■ **WHAT THE TASK ASKS**
Go through the records below and copy out every line that contains the word "branch".

■ **SUPPLIED RECORDS**
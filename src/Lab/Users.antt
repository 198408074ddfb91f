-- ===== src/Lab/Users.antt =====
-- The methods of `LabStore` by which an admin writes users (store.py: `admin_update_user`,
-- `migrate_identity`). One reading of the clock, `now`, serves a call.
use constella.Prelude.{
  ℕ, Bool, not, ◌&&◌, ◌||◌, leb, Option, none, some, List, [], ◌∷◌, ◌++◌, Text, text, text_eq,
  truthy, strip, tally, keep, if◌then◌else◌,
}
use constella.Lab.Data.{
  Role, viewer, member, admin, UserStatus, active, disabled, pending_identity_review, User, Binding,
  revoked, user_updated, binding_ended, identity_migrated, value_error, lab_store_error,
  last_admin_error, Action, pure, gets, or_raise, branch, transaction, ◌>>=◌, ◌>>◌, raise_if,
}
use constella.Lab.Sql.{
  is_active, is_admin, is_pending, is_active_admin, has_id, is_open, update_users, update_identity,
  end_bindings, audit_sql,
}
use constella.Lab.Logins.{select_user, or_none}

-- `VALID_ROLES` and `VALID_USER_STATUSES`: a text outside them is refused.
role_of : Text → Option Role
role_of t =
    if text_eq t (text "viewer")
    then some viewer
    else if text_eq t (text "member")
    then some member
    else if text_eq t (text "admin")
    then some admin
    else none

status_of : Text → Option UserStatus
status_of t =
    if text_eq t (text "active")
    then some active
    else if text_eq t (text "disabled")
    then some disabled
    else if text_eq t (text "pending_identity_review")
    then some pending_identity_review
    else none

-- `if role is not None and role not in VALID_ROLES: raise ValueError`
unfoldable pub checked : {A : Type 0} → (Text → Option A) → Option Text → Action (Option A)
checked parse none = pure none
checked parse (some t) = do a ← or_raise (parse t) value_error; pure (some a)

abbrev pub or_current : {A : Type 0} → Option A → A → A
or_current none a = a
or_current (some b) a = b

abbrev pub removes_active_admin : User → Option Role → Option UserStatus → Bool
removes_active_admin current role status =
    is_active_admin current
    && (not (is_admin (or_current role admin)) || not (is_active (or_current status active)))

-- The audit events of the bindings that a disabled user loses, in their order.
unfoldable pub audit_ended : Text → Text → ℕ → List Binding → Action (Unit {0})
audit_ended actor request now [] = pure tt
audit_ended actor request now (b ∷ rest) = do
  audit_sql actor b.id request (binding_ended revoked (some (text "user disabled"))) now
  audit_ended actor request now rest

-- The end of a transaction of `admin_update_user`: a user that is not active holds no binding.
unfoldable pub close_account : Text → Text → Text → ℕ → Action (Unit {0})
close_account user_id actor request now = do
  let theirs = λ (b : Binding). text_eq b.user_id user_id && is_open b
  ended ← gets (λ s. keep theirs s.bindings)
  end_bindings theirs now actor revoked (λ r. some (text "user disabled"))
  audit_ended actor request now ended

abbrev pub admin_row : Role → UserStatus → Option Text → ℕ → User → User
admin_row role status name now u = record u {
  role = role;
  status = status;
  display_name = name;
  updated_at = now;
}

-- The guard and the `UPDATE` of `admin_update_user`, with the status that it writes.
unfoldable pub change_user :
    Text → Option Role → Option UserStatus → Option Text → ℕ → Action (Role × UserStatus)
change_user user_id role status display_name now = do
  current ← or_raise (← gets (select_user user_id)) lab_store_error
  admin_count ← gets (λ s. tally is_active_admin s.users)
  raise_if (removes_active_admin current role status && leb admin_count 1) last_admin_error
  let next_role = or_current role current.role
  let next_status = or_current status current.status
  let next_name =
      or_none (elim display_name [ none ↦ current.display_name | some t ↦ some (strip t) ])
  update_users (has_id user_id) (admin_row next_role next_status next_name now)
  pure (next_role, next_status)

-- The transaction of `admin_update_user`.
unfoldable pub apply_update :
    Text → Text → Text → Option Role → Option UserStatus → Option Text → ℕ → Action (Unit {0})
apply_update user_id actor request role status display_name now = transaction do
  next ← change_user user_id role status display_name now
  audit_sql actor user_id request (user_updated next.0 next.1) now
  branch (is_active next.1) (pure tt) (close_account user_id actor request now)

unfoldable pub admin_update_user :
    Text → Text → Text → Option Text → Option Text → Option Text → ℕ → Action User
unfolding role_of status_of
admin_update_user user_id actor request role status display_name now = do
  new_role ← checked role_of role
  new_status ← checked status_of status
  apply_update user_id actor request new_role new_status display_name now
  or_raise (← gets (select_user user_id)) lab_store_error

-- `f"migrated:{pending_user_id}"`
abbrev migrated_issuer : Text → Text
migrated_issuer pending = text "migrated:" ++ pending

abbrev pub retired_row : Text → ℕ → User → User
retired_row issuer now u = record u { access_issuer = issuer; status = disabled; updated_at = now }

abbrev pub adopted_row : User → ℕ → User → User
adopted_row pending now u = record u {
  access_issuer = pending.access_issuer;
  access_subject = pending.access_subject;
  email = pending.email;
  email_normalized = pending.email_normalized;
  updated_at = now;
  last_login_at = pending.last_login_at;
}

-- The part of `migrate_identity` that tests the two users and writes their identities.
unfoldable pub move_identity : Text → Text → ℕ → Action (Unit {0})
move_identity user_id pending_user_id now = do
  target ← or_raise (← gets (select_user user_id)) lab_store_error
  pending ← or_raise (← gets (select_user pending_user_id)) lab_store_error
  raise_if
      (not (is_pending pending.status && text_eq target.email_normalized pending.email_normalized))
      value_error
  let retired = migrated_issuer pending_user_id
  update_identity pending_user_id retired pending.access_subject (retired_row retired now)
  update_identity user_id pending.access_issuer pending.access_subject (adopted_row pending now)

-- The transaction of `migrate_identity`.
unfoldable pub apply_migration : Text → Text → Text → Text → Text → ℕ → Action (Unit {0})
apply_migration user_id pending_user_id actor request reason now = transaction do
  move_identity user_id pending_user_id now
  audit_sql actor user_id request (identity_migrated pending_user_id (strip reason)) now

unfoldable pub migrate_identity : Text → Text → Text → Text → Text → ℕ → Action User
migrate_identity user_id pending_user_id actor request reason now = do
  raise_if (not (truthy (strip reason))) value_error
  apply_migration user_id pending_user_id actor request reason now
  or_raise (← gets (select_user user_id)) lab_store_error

---

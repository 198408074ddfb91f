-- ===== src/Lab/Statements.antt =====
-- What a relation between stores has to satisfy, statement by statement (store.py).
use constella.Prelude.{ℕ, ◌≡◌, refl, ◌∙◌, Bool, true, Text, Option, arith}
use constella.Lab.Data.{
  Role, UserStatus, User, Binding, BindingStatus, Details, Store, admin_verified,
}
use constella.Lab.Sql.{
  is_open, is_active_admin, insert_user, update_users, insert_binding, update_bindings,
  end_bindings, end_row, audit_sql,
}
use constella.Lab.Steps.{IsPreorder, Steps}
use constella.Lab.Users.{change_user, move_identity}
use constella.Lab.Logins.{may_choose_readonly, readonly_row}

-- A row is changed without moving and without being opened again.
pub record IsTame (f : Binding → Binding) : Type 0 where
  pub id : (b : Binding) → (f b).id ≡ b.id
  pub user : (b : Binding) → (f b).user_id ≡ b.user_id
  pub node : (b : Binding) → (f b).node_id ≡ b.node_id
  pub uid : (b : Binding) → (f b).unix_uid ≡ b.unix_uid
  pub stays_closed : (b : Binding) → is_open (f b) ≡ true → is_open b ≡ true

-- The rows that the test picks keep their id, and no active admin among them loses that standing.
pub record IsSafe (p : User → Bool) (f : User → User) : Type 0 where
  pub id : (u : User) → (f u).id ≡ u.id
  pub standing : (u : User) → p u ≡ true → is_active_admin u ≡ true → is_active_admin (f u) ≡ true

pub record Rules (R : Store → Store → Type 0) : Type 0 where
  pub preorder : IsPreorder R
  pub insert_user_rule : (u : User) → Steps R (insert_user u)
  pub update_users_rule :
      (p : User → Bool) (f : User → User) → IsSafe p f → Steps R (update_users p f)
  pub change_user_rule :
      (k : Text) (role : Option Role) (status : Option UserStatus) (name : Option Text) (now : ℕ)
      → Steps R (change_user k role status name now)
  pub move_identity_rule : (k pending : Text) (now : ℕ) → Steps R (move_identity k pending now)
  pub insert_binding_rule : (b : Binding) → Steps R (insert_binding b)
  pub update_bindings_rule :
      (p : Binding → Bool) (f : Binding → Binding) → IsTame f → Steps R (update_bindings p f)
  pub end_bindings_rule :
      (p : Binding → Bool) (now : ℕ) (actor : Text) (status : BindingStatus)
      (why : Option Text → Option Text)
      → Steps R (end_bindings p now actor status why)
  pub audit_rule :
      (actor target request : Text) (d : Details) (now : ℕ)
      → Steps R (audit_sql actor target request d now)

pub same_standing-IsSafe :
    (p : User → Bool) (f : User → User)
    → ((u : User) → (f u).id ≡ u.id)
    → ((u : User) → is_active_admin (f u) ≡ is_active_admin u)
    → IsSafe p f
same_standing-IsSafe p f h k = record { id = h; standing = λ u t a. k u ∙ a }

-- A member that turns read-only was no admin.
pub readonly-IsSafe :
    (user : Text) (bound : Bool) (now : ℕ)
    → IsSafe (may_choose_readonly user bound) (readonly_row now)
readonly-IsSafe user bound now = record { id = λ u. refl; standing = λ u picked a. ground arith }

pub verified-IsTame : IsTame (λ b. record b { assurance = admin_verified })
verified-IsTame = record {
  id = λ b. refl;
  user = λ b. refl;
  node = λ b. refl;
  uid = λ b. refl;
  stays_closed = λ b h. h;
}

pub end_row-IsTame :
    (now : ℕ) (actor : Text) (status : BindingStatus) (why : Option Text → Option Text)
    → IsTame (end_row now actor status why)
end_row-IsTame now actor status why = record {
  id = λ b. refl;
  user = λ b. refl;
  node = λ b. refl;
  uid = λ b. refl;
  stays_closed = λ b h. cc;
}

■ **SOLUTION TO THIS PROBLEM**
  last_admin_error, Action, pure, gets, or_raise, branch, transaction, ◌>>=◌, ◌>>◌, raise_if,
  branch (is_active next.1) (pure tt) (close_account user_id actor request now)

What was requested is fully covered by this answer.